KEPALA DEWAN WAKAF ISLAM : ISU AL-AQSA HARUS MENJADI PRIORITAS UTAMA

Al-Quds (Yerusalem), 28 Rabiul Akhir 1434/10 Maret 2013 (MINA) – Kepala Dewan Wakaf Islam di Al-Quds (Yerusalem) Syeikh Abdel Azim Salhab, menyerukan kepada semua umat Islam untuk membela Al-Aqsa dengan menempatkan masalah Al-Aqsa sebagai prioritas utama dalam permasalahan umat Islam yang harus segera diselesaikan.

“Kita harus menempatkan isu Masjid Al-Aqsa sebagai prioritas utama umat Islam, mengingat situasi bahaya menghadapi masjid Al-Aqsa yang ditimbulkan oleh pasukan penjajah Israel”, kata Salhab seperti dikutip Palestinian Information Center (PIC) yang dipantau Mi’raj News Agency (MINA), Ahad (10/3).

Dalam siaran pers yang dikeluarkan Sabtu kemarin (9/3), Salhab mengecam serangan terhadap Masjid Al-Aqsa oleh pasukan penjajah Israel, “dengan tidak ada pembenaran”.

“Para pemuda Al-Quds menyatakan kecaman mereka terhadap tindakan menendang salinan Al-Qur’an oleh seorang perwira penjajah Israel di lingkungan Masjid al-Aqsa pada pekan lalu, serta usaha anggota parlemen penjajah Israel (Knesset) Moshe Feiglin yang memaksa masuk ke masjid Kubah Batu (Qubatu As-Shakhra) berada di lingkungan Masjid Al-Aqsa,” kecam Salhab.

Salhab juga mencatat, penjajah Israel telah mengubah masjid Al-Aqsa dan sekitarnya menjadi barak militer. “Hal itu bertentangan dengan kebebasan beribadah,” tegas Salhab.

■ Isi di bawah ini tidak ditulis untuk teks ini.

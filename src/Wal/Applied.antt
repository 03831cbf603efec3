-- ===== src/Wal/Applied.antt =====
-- A payload that the collection wrote, applied during recovery.
use focal_vector.Base.{
  ℕ, suc, ◌+◌, ◌^◌, ◌≤◌, ◌<◌, false, ◌≡◌, sym, ap, ◌∙◌, subst, List, [], ◌∷◌, ◌++◌, length, map,
  arith, All, append-nil, ==_iff, is_empty, ◌==◌,
}
use focal_vector.Outcome
use focal_vector.Outcome.{Result, ok, err, >>=-ok}
use focal_vector.Str.{Str}
use focal_vector.Float.{FloatOps}
use focal_vector.Bytes.{to_le_bytes}
use focal_vector.Point.{UpsertPoint, StoredPoint}
use focal_vector.Collection.{
  Collection, u64_max, next_sequence, prepare_upsert, apply_prepared_upsert, apply_delete_at,
}
use focal_vector.Collection.Batch.{ArePrepared, prepare_each_complete}
use focal_vector.Codec.Decoder.{
  Decoder, start, usize_max, max_items, Reader, point, string, repeated, payload_header,
  payload_points, some_ids, payload_ids, finish,
}
use focal_vector.Codec.Encoder.{
  Writer, ◌then_write◌, put_count, put_string, put_each, put_point, encode_upsert, encode_delete,
}
use focal_vector.Codec.Reads.{At, Reads, Reads-pure, Reads-bind, Reads-end, Reads-byte, Reads-u64}
use focal_vector.Codec.RoundTrip.{
  Encodes, Encodes-then, Encodes-end, Encodes-count, Encodes-string, Encodes-each, IsText,
}
use focal_vector.Codec.Payload.{IsStorable, sent, Encodes-point}
use focal_vector.Wal.{apply_payload, replay_operation, replay_upsert, replay_delete}

-- The payload in its two parts: the operation with its sequence, and the items.
header_bytes : ℕ → ℕ → List ℕ
header_bytes operation sequence = operation ∷ to_le_bytes 8 sequence

Reads-header :
    (operation sequence : ℕ)
    → sequence < 2 ^ 64
    → Reads payload_header (header_bytes operation sequence) (operation, sequence)
unfolding payload_header header_bytes
Reads-header operation sequence h =
    Reads-bind _ (Reads-byte operation) (Reads-end _ (Reads-u64 sequence h) (Reads-pure _))

Encodes-points :
    (dimension : ℕ) (ps : List StoredPoint)
    → dimension ≤ max_items
    → All (IsStorable dimension) ps
    → Encodes (put_each put_point ps) (repeated (length ps) (point dimension)) (map sent ps)
unfolding put_each repeated ◌then_write◌
Encodes-points dimension [] small h = record {
  bytes = [];
  writes = λ out. ap ok (sym (append-nil out));
  reads = Reads-pure [];
}
Encodes-points dimension (p ∷ ps) small h =
    Encodes-then _ (Encodes-point dimension p small h.0)
      (Encodes-end _ (Encodes-points dimension ps small h.1) (Reads-pure (sent p ∷ map sent ps)))

Encodes-payload_points :
    (dimension : ℕ) (ps : List StoredPoint)
    → dimension ≤ max_items
    → length ps ≤ max_items
    → All (IsStorable dimension) ps
    → Encodes
        (put_count (length ps) then_write put_each put_point ps)
        (payload_points dimension)
        (map sent ps)
unfolding payload_points
Encodes-payload_points dimension ps small few h =
    Encodes-then _ (Encodes-count (length ps) few) (Encodes-points dimension ps small h)

some_ids-suc : (n : ℕ) → some_ids (suc n) ≡ repeated (suc n) string
unfolding some_ids
some_ids-suc n = let e : (suc n == 0) ≡ false = ground arith in rw e

Encodes-payload_ids :
    (id : Str) (ids : List Str)
    → length (id ∷ ids) ≤ max_items
    → All IsText (id ∷ ids)
    → Encodes
        (put_count (length (id ∷ ids)) then_write put_each put_string (id ∷ ids))
        payload_ids
        (id ∷ ids)
unfolding payload_ids
Encodes-payload_ids id ids few h = Encodes-then _ (Encodes-count (length (id ∷ ids)) few) (
    subst (λ r. Encodes (put_each put_string (id ∷ ids)) r (id ∷ ids))
      (sym (some_ids-suc (length ids)))
      (Encodes-each IsText put_string string Encodes-string (id ∷ ids) h))

pub ok_injective {ℓ} : {A : Type ℓ} {a b : A} → Outcome.ok a ≡ ok b → a ≡ b
ok_injective h = cc

-- A whole payload: where each part leaves the decoder.
record IsRead {ℓ} {A : Type ℓ} (payload : List ℕ) (fields : ℕ × ℕ) (items : Reader A) (a : A)
    : Type ℓ where
  after_header : Decoder
  after_items : Decoder
  header : payload_header (start payload) ≡ ok (fields, after_header)
  body : items after_header ≡ ok (a, after_items)
  whole : finish after_items ≡ ok tt

pub finish-At : (d : Decoder) → At d [] → finish d ≡ ok tt
unfolding finish
finish-At d h = rw ((==_iff d.position (length d.bytes)).1 (omega (arith, h.inside)))

payload-IsRead {ℓ} :
    {A : Type ℓ} (operation sequence : ℕ) (w : Writer) (items : Reader A) (a : A) (payload : List ℕ)
    → sequence < 2 ^ 64
    → length payload ≤ usize_max
    → Encodes w items a
    → w (header_bytes operation sequence) ≡ ok payload
    → IsRead payload (operation, sequence) items a
payload-IsRead operation sequence w items a payload h small e written =
    let both = sym (e.writes (header_bytes operation sequence)) ∙ written in
    let parts : header_bytes operation sequence ++ e.bytes ≡ payload = ok_injective both in
    let first =
      (Reads-header operation sequence h).at (start payload) e.bytes
        (record { ahead = sym parts; inside = omega (arith, ap length parts); small = small }) in
    let second = e.reads.at first.0 [] (subst (At first.0) (sym (append-nil e.bytes)) first.2) in
    record {
      after_header = first.0;
      after_items = second.0;
      header = first.1;
      body = second.1;
      whole = finish-At second.0 second.2;
    }

module _ (fl : FloatOps) where
  -- What recovery does with an operation that follows the collection's sequence.
  apply_payload_next :
      (c : Collection) (payload : List ℕ) (operation : ℕ) (d : Decoder)
      → c.sequence < u64_max
      → payload_header (start payload) ≡ ok ((operation, c.sequence + 1), d)
      → apply_payload fl c payload ≡ replay_operation fl c operation (c.sequence + 1) d
  unfolding apply_payload next_sequence
  apply_payload_next c payload operation d room h = rw (h, apply_payload) (ground arith)

  -- A payload of any operation that the collection already has, as a log that was not cut off after its
  -- segment was published holds it, is passed over.
  apply_payload_stale :
      (c : Collection) (payload : List ℕ) (operation sequence : ℕ) (d : Decoder)
      → sequence ≤ c.sequence
      → payload_header (start payload) ≡ ok ((operation, sequence), d)
      → apply_payload fl c payload ≡ ok (c, [])
  unfolding apply_payload
  apply_payload_stale c payload operation sequence d old h = rw (h, apply_payload) (ground arith)

  -- Prepared points are prepared to themselves, which for the cosine metric is a matter of rounding.
  abbrev pub AreSettled : Collection → List StoredPoint → Type 0
  AreSettled c ps = ArePrepared fl c.config (c.sequence + 1) (map sent ps) ps

  -- What the log can hold of an upsert.
  pub record IsLoggedUpsert (c : Collection) (ps : List StoredPoint) (payload : List ℕ)
      : Type 0 where
    pub room : c.sequence < u64_max
    pub narrow : c.config.dimension ≤ max_items
    pub few : length ps ≤ max_items
    pub some_points : is_empty ps ≡ false
    pub storable : All (IsStorable c.config.dimension) ps
    pub settled : AreSettled c ps
    pub written : encode_upsert (c.sequence + 1) ps ≡ ok payload
    pub small : length payload ≤ usize_max

  -- Recovery applies the record of an upsert as the upsert itself has, for storable points whose
  -- preparation settles: to the same points, at the same sequence.
  pub apply_payload-encode_upsert :
      (c : Collection) (ps : List StoredPoint) (payload : List ℕ)
      → IsLoggedUpsert c ps payload
      → apply_payload fl c payload
        ≡ ok (
          apply_prepared_upsert c ps (c.sequence + 1),
          map (λ (p : UpsertPoint). p.id) (map sent ps),
        )
  unfolding encode_upsert replay_operation header_bytes replay_upsert prepare_upsert
  apply_payload-encode_upsert c ps payload h =
      let read =
        payload-IsRead 1 (c.sequence + 1) _ _ _ payload (omega (arith, h.room)) h.small
          (Encodes-payload_points c.config.dimension ps h.narrow h.few h.storable) h.written in
      apply_payload_next c payload 1 read.after_header h.room read.header
      ∙ ground (
        arith,
        read.body,
        read.whole,
        h.some_points,
        prepare_each_complete fl c.config (c.sequence + 1) (map sent ps) ps h.settled,
      )

  -- What the log can hold of a deletion.
  pub record IsLoggedDelete (c : Collection) (id : Str) (ids : List Str) (payload : List ℕ)
      : Type 0 where
    pub room : c.sequence < u64_max
    pub few : length (id ∷ ids) ≤ max_items
    pub texts : All IsText (id ∷ ids)
    pub written : encode_delete (c.sequence + 1) (id ∷ ids) ≡ ok payload
    pub small : length payload ≤ usize_max

  -- Recovery applies the record of a deletion as the deletion itself has: of at most 1,000,000 IDs, each
  -- valid text of at most 1,000,000 bytes, at a sequence that has room.
  pub apply_payload-encode_delete :
      (c : Collection) (id : Str) (ids : List Str) (payload : List ℕ)
      → IsLoggedDelete c id ids payload
      → apply_payload fl c payload ≡ ok (apply_delete_at c (id ∷ ids) (c.sequence + 1), id ∷ ids)
  unfolding encode_delete replay_operation header_bytes replay_delete
  apply_payload-encode_delete c id ids payload h =
      let read =
        payload-IsRead 2 (c.sequence + 1) _ _ _ payload (omega (arith, h.room)) h.small
          (Encodes-payload_ids id ids h.few h.texts) h.written in
      apply_payload_next c payload 2 read.after_header h.room read.header
      ∙ ground (arith, read.body, read.whole)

Al-Aqsa tempat paling penting bagi umat Islam

Sementara itu, Yayasan Al-Aqsa untuk Wakaf dan Warisan mengatakan dalam sebuah pernyataan pers Sabtu (9/3), serbuan tentara penjajah Israel ke Masjid Al-Aqsa dan serangan brutal terhadap jama’ah masjid yang berada didalamnya usai menunaikan shalat Jum’at bertujuan untuk mengancam/mengintimidasi para jama’ah masjid dan upaya untuk mengurangi jumlah muslimin yang berada disana.

Yayasan Al-Aqsa menjelaskan, melalui serbuan dan serangan brutal tersebut, penjajah Israel sedang mencoba untuk menghancurkan semua kegiatan yang mendukung pembebasan Masjid Al-Aqsa serta mengubahnya menjadi medan perang untuk mengintimidasi siapa pun yang berpikir untuk melakukan kunjungan ke sana.

Yayasan Al-Aqsa menegaskan, berdasarkan penafsiran peristiwa yahudisasi yang meningkat di Masjid Al-Aqsa pada awal tahun ini, terutama pada pekan lalu,  praktek kejahatan penjajah Israel baru-baru ini tidak pernah spontan atau “reaksi prosedural”.

Yayasan Al-Aqsa menunjukkan, penjajah Israel mengikuti rencana yang sudah diprogram untuk menciptakan suasana yang sesuai untuk melakukan lebih banyak serangan lagi ke Masjid Al-Aqsa.

Yayasan Al-Aqsa juga menegaskan, langkah-langkah penindasan penjajah Israel tidak akan pernah mempengaruhi tekad rakyat Palestina untuk membela dan mendukung Al-Aqsa.

“Karena Masjid Al-Aqsa adalah salah satu tempat paling penting bagi umat Islam,” tegas Yayasan Al-Aqsa.

Masjid Al-Aqsa dan Al-Quds adalah satu kesatuan. Al-Quds meliputi seluruh tembok yang mengelilingi kompleks Masjid Al-Aqsa. Saat ini Al-Quds berada di bawah penjajahan Israel yang memulai penjajahannya atas Palestina sejak 1948 lalu.

Masjid Al-Aqsa merupakan tempat paling suci ketiga bagi umat muslim, hal ini berkaitan dengan peristiwa Isra’ Mi’raj Nabi Muhammad Shalallahu ‘Alaihi Wa Salam, dimana Nabi Muhammad Shalallahu ‘Alaihi Wa Salam naik ke Sidaratul Muntaha melalui tempat itu.(T/P02/R2).